Index condition pushdown (ICP) is to transfer data filtering to the storage engine layer to reduce the burden on the Server layer and improve the query efficiency.

Index Condition Pushdown ICP is a new feature in Mysql5.6. The main focus is to put the filtering process in the storage engine layer instead of the Server layer as before.

In the case of using ICP, if there is some indexed column judgment conditions, MySQL server pass this part of the judgment condition to the storage engine, and then by the storage engine through judging index meets the requirements for the MySQL server transfer only when the index accords with a condition the data retrieved is returned to the MySQL server.

Push-down index condition optimization is a very good query optimization strategy. By pushing down index condition checking originally done by the Server layer to the storage engine layer, the storage engine can reduce The Times of querying basic tables and returning tables, and the MySQL Server can also reduce The Times of receiving data from the storage engine and reduce the filtering process of the Server layer.

The ROws_EXAMINED field in the MySQL slow query log indicates the number of times that the storage engine fetched data rows during the execution of this statement.

Rows_examined is considered broadly as how many rows are scanned during statement execution. Sometimes, however, multiple rows may be scanned inside the engine at a time when the executor is invoked, so the number of rows scanned by the engine is not exactly the same as rows_EXAMINED. But it can be seen as: the number of rows of data obtained by the actuator.

The role of storage engines

The storage engine organizes and manages physical files, including binary logs (binlogs are managed by the Server but also provide interfaces for the storage engine), data files, error logs, slow query logs, full logs, and redo/undo logs.
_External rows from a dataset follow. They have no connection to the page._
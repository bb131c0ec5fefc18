-- ===== src/Resp/Rounds.antt =====
-- Resp.antt: one round of the loop over the arguments of a command, and the loop.
use ultra_net.Prelude.{
  ℕ, zero, suc, ◌+◌, ◌-◌, ◌≤◌, ◌<◌, ◌≡◌, refl, ap, ◌∙◌, List, [], ◌∷◌, ◌++◌, arith, length,
  length-append, Bytes, take-append, drop-append, drop_two, take, drop, inl, inr, ◌⊎◌, length-drop,
}
use ultra_net.Resp.{
  Scan, ready, RespRequest, returns, cr, lf, crlf, bulk_header, parse_args, skip_args,
}
use ultra_net.Resp.Lines.{crlf-ready, bulk_header-length, bulk_header-append}

pub Scan-cases {ℓ} :
    {A : Type ℓ} (s : Scan A)
    → ((a : A) × (s ≡ ready a)) ⊎ ((s ≡ Scan.incomplete) ⊎ (s ≡ Scan.undefined))
Scan-cases (ready a) = inl (a, refl)
Scan-cases Scan.incomplete = inr (inl refl)
Scan-cases Scan.undefined = inr (inr refl)

-- What one round of the loop over the arguments has read, if a command was found in the end.
record Round (len n : ℕ) (s : Bytes) (done : List Bytes) (q : RespRequest) : Type 0 where
  size : ℕ
  after : Bytes
  rest : Bytes
  header : bulk_header s ≡ ready (size, after)
  enough : size + 2 ≤ length after
  closed_by : drop size after ≡ cr ∷ lf ∷ rest
  go_on : parse_args len n rest (done ++ take size after ∷ []) ≡ returns q

parse_args-Round :
    (len n : ℕ) (s : Bytes) (done : List Bytes) (q : RespRequest)
    → parse_args len (suc n) s done ≡ returns q
    → 0 < q.consumed
    → Round len n s done q
unfolding parse_args
parse_args-Round len n s done q h pos = elim (Scan-cases (bulk_header s)) [
  | inl ((m, r), e) ↦ elim (Scan-cases (crlf (drop m r))) [
    | inl (t, k) ↦ record {
      size = m;
      after = r;
      rest = t;
      header = e;
      enough = ground arith;
      closed_by = crlf-ready (drop m r) k;
      go_on = ground arith;
    }
    | inr (inl k) ↦ absurd (ground arith)
    | inr (inr k) ↦ absurd (ground arith)
  ]
  | inr (inl e) ↦ absurd (ground arith)
  | inr (inr e) ↦ absurd (ground arith)
]

Round-rest :
    {len n : ℕ} {s : Bytes} {done : List Bytes} {q : RespRequest} (r : Round len n s done q)
    → length r.rest < length s
Round-rest {s} r =
    omega (arith, bulk_header-length s r.header, ap length r.closed_by, length-drop r.size r.after)

Round-append :
    {len n : ℕ} {s : Bytes} {done : List Bytes} {q : RespRequest} (r : Round len n s done q)
    (t : Bytes)
    → parse_args (len + length t) (suc n) (s ++ t) done
      ≡ parse_args (len + length t) n (r.rest ++ t) (done ++ take r.size r.after ∷ [])
unfolding parse_args crlf
Round-append {s} r t = ground (
  arith,
  bulk_header-append s t r.header,
  drop-append r.size r.after t,
  take-append r.size r.after t,
  length-append r.after t,
  r.closed_by,
  r.enough,
)

pub parse_args-append :
    (len n : ℕ) (s t : Bytes) (done : List Bytes) (q : RespRequest)
    → parse_args len n s done ≡ returns q
    → 0 < q.consumed
    → parse_args (len + length t) n (s ++ t) done ≡ returns q
parse_args-append len zero s t done q h pos = unfold parse_args in ground (arith, length-append s t)
parse_args-append len (suc n) s t done q h pos =
    let r = parse_args-Round len n s done q h pos in
    Round-append r t ∙ parse_args-append len n r.rest t _ q r.go_on pos

-- The fast scan ends where the loop over the arguments does.
pub skip_args-parse_args :
    (len n : ℕ) (s : Bytes) (done : List Bytes) (q : RespRequest)
    → parse_args len n s done ≡ returns q
    → 0 < q.consumed
    → (r : Bytes) × (skip_args n s ≡ ready r)
      × (q.consumed ≡ len - length r)
      × (length r ≤ length s)
skip_args-parse_args len zero s done q h pos =
    unfold parse_args skip_args in (s, ground arith, ground arith, ground arith)
skip_args-parse_args len (suc n) s done q h pos =
    let r = parse_args-Round len n s done q h pos in
    let (t, e, c, l) = skip_args-parse_args len n r.rest _ q r.go_on pos in
    (t, skip_round r ∙ e, c, omega (arith, Round-rest r))
  where
    skip_round :
        {done : List Bytes} (r : Round len n s done q) → skip_args (suc n) s ≡ skip_args n r.rest
    skip_round r =
        unfold skip_args in ground (arith, r.header, r.enough, drop_two r.size r.after r.closed_by)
In addition, there are instances of engine programs running, including functional structures, in-memory data management, etc. (this is the implementation of the specific engine itself).

Different storage engines have different file organization and management methods.

At the same time, the storage engine provides an interface for the Server layer to access and access data, so that the execution engine of the Server layer can obtain or store data.

reference

Main reference from MySQL combat 45, “high performance MySQL”, as well as some online information!